Children of the Moon, Chapter 10: Primitivo

To read The Prologue, click here. You can read all the following chapters starting there.

On the weather-cured porch Mira’s father said:
A woman was attacked last night; blood all over
the home; her name was Blanca Cors, a widow.

Mira held her breath until her father told her:
She’s alive and they think she’ll recover.
Mira ran to the ranch, calling for Will and Sandy;
they had heard the news, and she told Sandy:
We saw Primitivo running from the home of Blanca Cors.

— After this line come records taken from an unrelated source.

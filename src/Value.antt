-- ===== src/Value.antt =====
-- The dynamic values of Go (`any`) that the translator reads and writes, and the maps
-- `map[string]any` in which it keeps each proxy, group, inbound, outbound, DNS server and rule.
-- A type assertion is a function by clauses here: it holds on one constructor only.
pub mod Laws
use cff_core.Base.{
  ℕ, ℤ, String, Bool, true, false, List, [], ◌∷◌, ◌++◌, Option, none, some, ◌==◌, if◌then◌else◌,
  is_some,
}

mutual
  pub data Value : Type 0 where
    null : Value
    str : String → Value
    int : ℤ → Value
    int64 : ℤ → Value
    -- A `float64` by its 64 bits: what the program does with one is a parameter (Outside).
    float : ℕ → Value
    bool : Bool → Value
    -- `[]string` and `[]any` are two types, and so are the two kinds of maps and lists of maps.
    strs : List String → Value
    list : Items → Value
    obj : Object → Value
    str_map : List (String × String) → Value
    str_maps : List (List (String × String)) → Value
    objs : Objects → Value
    -- `[]int` and `uint32`, which only inbounds hold.
    ints : List ℤ → Value
    uint32 : ℕ → Value

  pub data Items : Type 0 where
    nil : Items
    cons : Value → Items → Items

  -- A `map[string]any`: each key stands once, since `put` replaces.
  pub data Object : Type 0 where
    empty : Object
    field : String → Value → Object → Object

  pub data Objects : Type 0 where
    none_left : Objects
    object : Object → Objects → Objects

-- `v, ok := m[k]`
unfoldable pub get : String → Object → Option Value
get k empty = none
get k (field j v m) = if j == k then some v else get k m

-- `m[k] = v`
unfoldable pub put : String → Value → Object → Object
put k v empty = field k v empty
put k v (field j w m) = if j == k then field k v m else field j w (put k v m)

-- `delete(m, k)`
unfoldable pub delete : String → Object → Object
delete k empty = empty
delete k (field j v m) = let rest = delete k m in if j == k then rest else field j v rest

-- `_, ok := m[k]`
unfoldable pub has_key : String → Object → Bool
unfolding get
has_key k m = is_some (get k m)

abbrev pub as_str : Option Value → String
as_str (some (str s)) = s
as_str _ = ""

-- `s, _ := m[k].(string)`
unfoldable pub get_text : String → Object → String
unfolding get
get_text k m = as_str (get k m)

abbrev pub as_strs : Option Value → List String
as_strs (some (strs xs)) = xs
as_strs _ = []

-- `xs, _ := m[k].([]string)`
unfoldable pub get_texts : String → Object → List String
unfolding get
get_texts k m = as_strs (get k m)

abbrev pub as_items : Option Value → Items
as_items (some (list xs)) = xs
as_items _ = nil

-- `xs, _ := m[k].([]any)`
unfoldable pub get_items : String → Object → Items
unfolding get
get_items k m = as_items (get k m)

-- The strings among the items: `if s, ok := item.(string); ok`.
unfoldable pub item_texts : Items → List String
item_texts nil = []
item_texts (cons (str s) xs) = s ∷ item_texts xs
item_texts (cons v xs) = item_texts xs

-- A literal `map[string]any{k: v, …}`.
unfoldable pub object_of : List (String × Value) → Object
unfolding put
object_of [] = empty
object_of ((k, v) ∷ rest) = put k v (object_of rest)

Primitivo was not at his cabin, but under the elm,
arms and legs sprawling like roots;
What happened? Will asked him.

Primitivo gathered himself:
I heard a signal of distress and ran toward it;
a woman’s scream;
and he lowered his head:
I turned and ran away.

We heard it too, Will told him,
But when we came to the house
it was too late.

Primitivo took recognizable shape:
I thought of the price of cowardice
and came back; he had carried her away
into the swamp, and so I followed with a howl
that came from my pain.

I thought I saw someone, Sandy said,
a stranger, but I did not see his face;
come back to the cabin with us.

Will told Primitivo:
They will suspect you;
but Primitivo was making another connection:
The woman’s voice was like music,
music I’ve heard before.

On the way it began to rain
and at the cabin Morris Rubra was pacing
in the oak hammock’s shelter;
Mira’s knees shook as she ran to him:
We’re afraid they’ll think Primitivo did it.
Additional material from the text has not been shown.